Treatment Target in Newly Diagnosed Systemic Lupus Erythematosus: The Association of Lupus Low Disease Activity State and Remission With Lower Accrual of Early Damage

被引:22
作者
Floris, Alberto [1 ]
Piga, Matteo [1 ]
Perra, Daniela [1 ]
Chessa, Elisabetta [1 ]
Congia, Mattia [1 ]
Mathieu, Alessandro [1 ]
Cauli, Alberto [1 ]
机构
[1] AOU Univ, Clin Cagliari, Monserrato, Italy
关键词
SLE;
D O I
10.1002/acr.24086
中图分类号
R5 [内科学];
学科分类号
1002 ; 100201 ;
摘要
Objective To compare the effect of achievement and maintenance of Lupus Low Disease Activity State (LLDAS) and clinical remission (CR) in preventing early damage accrual in patients with systemic lupus erythematosus (SLE). Methods In a monocentric cohort of 116 newly diagnosed SLE patients, LLDAS and CR achievement at 6 months (T1) after treatment initiation and their maintenance over the next 12 months were assessed. Early damage was recorded after 18 months of follow-up (T2) using the Systemic Lupus International Collaborating Clinics/American College of Rheumatology Damage Index. Univariate and multivariate analyses were performed to evaluate the association of LLDAS and CR with early damage. Results LLDAS was significantly more attained than CR both at T1 (42.2% versus 21.6% of patients; P < 0.001) and T2 (46.6% versus 31.9%; P = 0.022). The overlap rate between persistent LLDAS and persistent CR was 41.7% (n = 15).
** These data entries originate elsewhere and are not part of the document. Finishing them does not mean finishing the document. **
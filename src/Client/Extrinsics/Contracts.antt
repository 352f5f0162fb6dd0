-- ===== src/Client/Extrinsics/Contracts.antt =====
-- src/src/extrinsic/contracts.rs: calls of pallet-contracts.
use substrate_api_client.Prelude.{ℕ, Bytes, Result, ◌++◌}
use substrate_api_client.Primitives.Params.{Composed}
use substrate_api_client.Client.Extrinsics.Common.{Encodings, Composer, composed}

module _
    {Signer Account Signature Tip Index H E Address Balance AccountId Hash Destination : Type 0}
    (self : Composer Signer Account Signature Tip Index H E)
    (enc : Encodings Address Balance AccountId Hash Destination) where
  unfoldable pub contract_put_code : ℕ → Bytes → Result E (Composed self.signing)
  unfolding composed
  contract_put_code gas_limit code =
      composed self "Contracts" "put_code" (enc.compact_gas gas_limit ++ enc.vec_u8 code)

  unfoldable pub contract_instantiate :
      Balance → ℕ → Hash → Bytes → Result E (Composed self.signing)
  unfolding composed
  contract_instantiate endowment gas_limit code_hash input =
      composed self "Contracts" "instantiate" (
        enc.compact_balance endowment
        ++ (enc.compact_gas gas_limit ++ (enc.hash code_hash ++ enc.vec_u8 input)))

  unfoldable pub contract_instantiate_with_code :
      Balance → ℕ → Bytes → Bytes → Bytes → Result E (Composed self.signing)
  unfolding composed
  contract_instantiate_with_code endowment gas_limit code input salt =
      composed self "Contracts" "instantiate_with_code" (
        enc.compact_balance endowment
        ++ (enc.compact_gas gas_limit
            ++ (enc.vec_u8 code ++ (enc.vec_u8 input ++ enc.vec_u8 salt))))

  unfoldable pub contract_call : Address → Balance → ℕ → Bytes → Result E (Composed self.signing)
  unfolding composed
  contract_call dest value gas_limit input = composed self "Contracts" "call" (
      enc.address dest
      ++ (enc.compact_balance value ++ (enc.compact_gas gas_limit ++ enc.vec_u8 input)))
On multivariate analysis, achievement of CR (odds ratio [OR] 0.07 [95% confidence interval (95% CI) 0.01-0.59], P = 0.015) and LLDAS (OR 0.25 [95% CI 0.06-0.99], P = 0.049) at T1 were independently associated with lower accrual of early damage. Patients who achieved LLDAS (including CR) at T1 and steadily persisted in this condition until T2 developed significantly less damage compared to those who failed to maintain it during the T1-T2 interval (P = 0.003), those who achieved it later than T1 (P < 0.001), or those who had never been in this condition (P < 0.001). Conclusion Although CR is recommended as the primary treatment target in SLE, LLDAS represents a valid alternative in the early stage of SLE management. LLDAS and CR maintenance should be targeted to prevent damage.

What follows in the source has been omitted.